2. The mechanical structure experiment platform according to claim 1, wherein: the two ends of the top of the through hole (301) are fixedly provided with longitudinal linear modules (4), and the longitudinal linear modules (4) are positioned right above the first sliding groove (303).

3. The mechanical structure experiment platform according to claim 1, wherein: the transverse moving mechanism (5) comprises a sliding block (501) and a driving gear (504), the sliding block (501) is slidably arranged in the first sliding groove (303), the top of the sliding block (501) movably penetrates through the second sliding groove (304) to be fixedly connected to the moving end of the longitudinal linear module (4), and two ball screws (502) are rotatably arranged between the two sliding blocks (501) together.

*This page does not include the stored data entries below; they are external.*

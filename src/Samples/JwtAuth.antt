-- ===== src/Samples/JwtAuth.antt =====
-- plugins/samples/jwt_auth/plugin.cc: the path of a request must carry a JSON web token that the
-- configured key verifies. The token library is a parameter. `none` as a result of the request is
-- a path that is no URL, whose parameters the code would read all the same.
pub mod Verified
use service_extensions_sampl.Base.{
  Text, ℕ, Bool, not, Option, none, some, [], ◌∷◌, ◌++◌, if◌then◌else◌, codes,
}
use service_extensions_sampl.Wasm.{
  request_headers, plugin_configuration, FilterHeadersStatus, continue, continue_and_end_stream,
  info,
}
use service_extensions_sampl.Sdk.{Sdk, Act}
use service_extensions_sampl.Urls.{Urls}

-- `google::jwt_verify`: keys from a PEM text, whether they are good, tokens, and the check.
pub record Verifier (J K : Type 0) : Type 0 where
  pub create_from : Text → K
  pub is_key_ok : K → Bool
  pub parse_from_string : Text → Option J
  pub is_verified : J → K → Bool

module _ {U J K : Type 0} (urls : Urls U) (jwt : Verifier J K) {S : Type 0} (sdk : Sdk S) where
  -- `onConfigure`: the keys, and whether they are good; `none` for a null buffer, which the code
  -- would dereference.
  unfoldable pub on_configure : ℕ → S → Option (K × Bool)
  on_configure config_len s = elim (sdk.get_buffer_bytes plugin_configuration 0 config_len s) [
    | none ↦ none
    | some rsa_key ↦ let jwks = jwt.create_from rsa_key in some (jwks, jwt.is_key_ok jwks)
  ]

  abbrev forbid : Text → Act S FilterHeadersStatus
  forbid message s = (
    continue_and_end_stream,
    sdk.send_local_response 403 [] (message ++ codes "\n") [] (sdk.log info message s),
  )

  -- The part of `onRequestHeaders` after the URL is parsed.
  unfoldable pub check_url : K → U → Act S FilterHeadersStatus
  check_url jwks url s = elim (urls.find_param url (codes "jwt")) [
    | none ↦ forbid (codes "Access forbidden - missing token.") s
    | some text ↦ elim (jwt.parse_from_string text) [
      | none ↦ forbid (codes "Access forbidden - invalid token.") s
      | some token ↦
          if not (jwt.is_verified token jwks) then forbid (codes "Access forbidden.") s else (
            continue,
            (sdk.replace_header request_headers (codes ":path")
                (urls.buffer (urls.erase_found url (codes "jwt"))) s).1,
          )
    ]
  ]

  -- `onRequestHeaders`
  unfoldable pub on_request_headers : K → S → Option (FilterHeadersStatus × S)
  on_request_headers jwks s = elim (sdk.get_header request_headers (codes ":path") s) [
    | none ↦ some (continue, s)
    | some [] ↦ some (continue, s)
    | some (c ∷ path) ↦ elim (urls.parse_uri_reference (c ∷ path)) [
      | none ↦ none
      | some url ↦ some (check_url jwks url s)
    ]
  ]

4. A mechanical structure experiment platform according to claim 3, wherein: the ball screw is characterized in that a driven gear (503) is fixedly arranged at one end of the ball screw (502), a driving gear (504) is rotatably arranged at one end, far away from the ball screw (502), of the sliding block (501), one end, far away from the sliding block (501), of the driving gear (504) is fixedly connected to the output end of a servo motor (505), and the driving gear (504) is meshed with the two driven gears (503).

5. The mechanical structure experiment platform according to claim 1, wherein: the force measuring mechanism (6) comprises an electro-hydraulic push rod (601), the electro-hydraulic push rod (601) is fixedly connected to the bottom surface of the moving end of the ball screw (502), and a force measuring instrument (602) is fixedly connected to the bottom telescopic end of the electro-hydraulic push rod (601).

6. The mechanical structure experiment platform as claimed in claim 5, wherein: the bottom of dynamometer (602) fixed mounting has connecting rod (603), the bottom fixedly connected with bulb seat (604) of connecting rod (603), the bottom of bulb seat (604) rotates installs bulb (605).